## WORK TO COMPLETE
Repeat the records. Leave nothing out.

Saved data entries
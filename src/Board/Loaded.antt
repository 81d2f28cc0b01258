-- ===== src/Board/Loaded.antt =====
-- The text of a hex file, and what the loader's reading loop does with its first line.
use rsd_m.Base.Lists.{length}
use rsd_m.Asm.Code.{read32}
use rsd_m.Base.Text.{Text}
use rsd_m.Asm.Program.{hex_line, hex_digits, hex_lines}
use rsd_m.Board.Loader.{read_chunk, load_lines, overrun, line_size}
use rsd_m.Dis.Print.{hex_char}
use rsd_m.Base.{
  ℕ, zero, suc, ◌+◌, ◌/◌, ◌%◌, ◌^◌, ◌<◌, ◌==◌, ◌≡◌, refl, true, false, List, [], ◌∷◌, ◌++◌, arith,
  ◌≤◌, leb, le→leb,
}

-- The text of a file of these lines.
abbrev pub file_text : List Text → Text
file_text [] = []
file_text (l ∷ ls) = l ++ file_text ls

pub plain_char : (d : ℕ) → d < 16 → (hex_char d == b'\n') ≡ false
plain_char d h = ground arith

read_chunk-digits :
    (n room w : ℕ) (p got rest : Text)
    → read_chunk room p ≡ (got, rest)
    → read_chunk (n + room) (hex_digits n w ++ p) ≡ (hex_digits n w ++ got, rest)
unfolding read_chunk hex_digits
read_chunk-digits zero room w p got rest h = let e : 0 + room ≡ room = omega arith in rw e h
read_chunk-digits (suc n) room w p got rest h =
    let e : suc n + room ≡ suc (n + room) = omega arith in
    let d = w / 16 ^ n % 16 in
    rw (e, read_chunk, plain_char d (omega arith), read_chunk-digits n room w p got rest h)

read_chunk-end : (p : Text) → read_chunk 2 (b'\n' ∷ p) ≡ (b'\n' ∷ [], p)
unfolding read_chunk
read_chunk-end p = refl

read_chunk-hex_line :
    (code : ℕ → ℕ) (a : ℕ) (p : Text) → read_chunk 34 (hex_line code a ++ p) ≡ (hex_line code a, p)
unfolding hex_line
read_chunk-hex_line code a p =
    let w3 = read32 code (a + 12) in
    let w2 = read32 code (a + 8) in
    let w1 = read32 code (a + 4) in
    let w0 = read32 code a in
    let e : (hex_line code a ++ p)
        ≡ hex_digits 8 w3
          ++ (hex_digits 8 w2 ++ (hex_digits 8 w1 ++ (hex_digits 8 w0 ++ (b'\n' ∷ p)))) =
      refl in
    rw e (
      read_chunk-digits 8 26 w3 _ _ p (
        read_chunk-digits 8 18 w2 _ _ p
          (read_chunk-digits 8 10 w1 _ _ p (read_chunk-digits 8 2 w0 _ _ p (read_chunk-end p)))))

length-hex_line : (code : ℕ → ℕ) (a : ℕ) → length (hex_line code a) ≡ 33
unfolding hex_line
length-hex_line code a = refl

-- A line that is read with 32 characters or more ends the reading loop behind the array.
round_overruns :
    (n i : ℕ) (got rest : Text) (line prog : ℕ → ℕ)
    → 32 ≤ length got
    → read_chunk 34 (got ++ rest) ≡ (got, rest)
    → load_lines (suc n) i (got ++ rest) line prog ≡ overrun
unfolding load_lines
round_overruns n i [] rest line prog h e = absurd (omega (arith, h))
round_overruns n i (c ∷ p) rest line prog h e =
    let long : leb line_size (length (c ∷ p)) ≡ true = le→leb 32 (length (c ∷ p)) h in rw (e, long)

-- The first line of a hex file is such a line.
pub load_lines-overrun :
    (n i a : ℕ) (code line prog : ℕ → ℕ)
    → load_lines (suc n) i (file_text (hex_lines (suc n) code a)) line prog ≡ overrun
unfolding hex_lines
load_lines-overrun n i a code line prog =
    let rest = file_text (hex_lines n code (a + 16)) in
    round_overruns n i (hex_line code a) rest line prog (omega (arith, length-hex_line code a))
      (read_chunk-hex_line code a rest)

## RESULT FOR THIS TASK
filename src/Board/Loaded.antt
repository 81d2f28cc0b01258
-- ===== src/Board/Loaded.antt =====
-- The text of a hex file, and what the loader's reading loop does with its first line.
use rsd_m.Base.Lists.{length}
use rsd_m.Asm.Code.{read32}
use rsd_m.Base.Text.{Text}
use rsd_m.Asm.Program.{hex_line, hex_digits, hex_lines}
use rsd_m.Board.Loader.{read_chunk, load_lines, overrun, line_size}
use rsd_m.Dis.Print.{hex_char}
use rsd_m.Base.{
  ℕ, zero, suc, ◌+◌, ◌/◌, ◌%◌, ◌^◌, ◌<◌, ◌==◌, ◌≡◌, refl, true, false, List, [], ◌∷◌, ◌++◌, arith,
  ◌≤◌, leb, le→leb,
}

-- The text of a file of these lines.
abbrev pub file_text : List Text → Text
file_text [] = []
file_text (l ∷ ls) = l ++ file_text ls

pub plain_char : (d : ℕ) → d < 16 → (hex_char d == b'\n') ≡ false
plain_char d h = ground arith

read_chunk-digits :
    (n room w : ℕ) (p got rest : Text)
    → read_chunk room p ≡ (got, rest)
    → read_chunk (n + room) (hex_digits n w ++ p) ≡ (hex_digits n w ++ got, rest)
unfolding read_chunk hex_digits
read_chunk-digits zero room w p got rest h = let e : 0 + room ≡ room = omega arith in rw e h
read_chunk-digits (suc n) room w p got rest h =
    let e : suc n + room ≡ suc (n + room) = omega arith in
    let d = w / 16 ^ n % 16 in
    rw (e, read_chunk, plain_char d (omega arith), read_chunk-digits n room w p got rest h)

read_chunk-end : (p : Text) → read_chunk 2 (b'\n' ∷ p) ≡ (b'\n' ∷ [], p)
unfolding read_chunk
read_chunk-end p = refl

read_chunk-hex_line :
    (code : ℕ → ℕ) (a : ℕ) (p : Text) → read_chunk 34 (hex_line code a ++ p) ≡ (hex_line code a, p)
unfolding hex_line
read_chunk-hex_line code a p =
    let w3 = read32 code (a + 12) in
    let w2 = read32 code (a + 8) in
    let w1 = read32 code (a + 4) in
    let w0 = read32 code a in
    let e : (hex_line code a ++ p)
        ≡ hex_digits 8 w3
          ++ (hex_digits 8 w2 ++ (hex_digits 8 w1 ++ (hex_digits 8 w0 ++ (b'\n' ∷ p)))) =
      refl in
    rw e (
      read_chunk-digits 8 26 w3 _ _ p (
        read_chunk-digits 8 18 w2 _ _ p
          (read_chunk-digits 8 10 w1 _ _ p (read_chunk-digits 8 2 w0 _ _ p (read_chunk-end p)))))

length-hex_line : (code : ℕ → ℕ) (a : ℕ) → length (hex_line code a) ≡ 33
unfolding hex_line
length-hex_line code a = refl

-- A line that is read with 32 characters or more ends the reading loop behind the array.
round_overruns :
    (n i : ℕ) (got rest : Text) (line prog : ℕ → ℕ)
    → 32 ≤ length got
    → read_chunk 34 (got ++ rest) ≡ (got, rest)
    → load_lines (suc n) i (got ++ rest) line prog ≡ overrun
unfolding load_lines
round_overruns n i [] rest line prog h e = absurd (omega (arith, h))
round_overruns n i (c ∷ p) rest line prog h e =
    let long : leb line_size (length (c ∷ p)) ≡ true = le→leb 32 (length (c ∷ p)) h in rw (e, long)

-- The first line of a hex file is such a line.
pub load_lines-overrun :
    (n i a : ℕ) (code line prog : ℕ → ℕ)
    → load_lines (suc n) i (file_text (hex_lines (suc n) code a)) line prog ≡ overrun
unfolding hex_lines
load_lines-overrun n i a code line prog =
    let rest = file_text (hex_lines n code (a + 16)) in
    round_overruns n i (hex_line code a) rest line prog (omega (arith, length-hex_line code a))
      (read_chunk-hex_line code a rest)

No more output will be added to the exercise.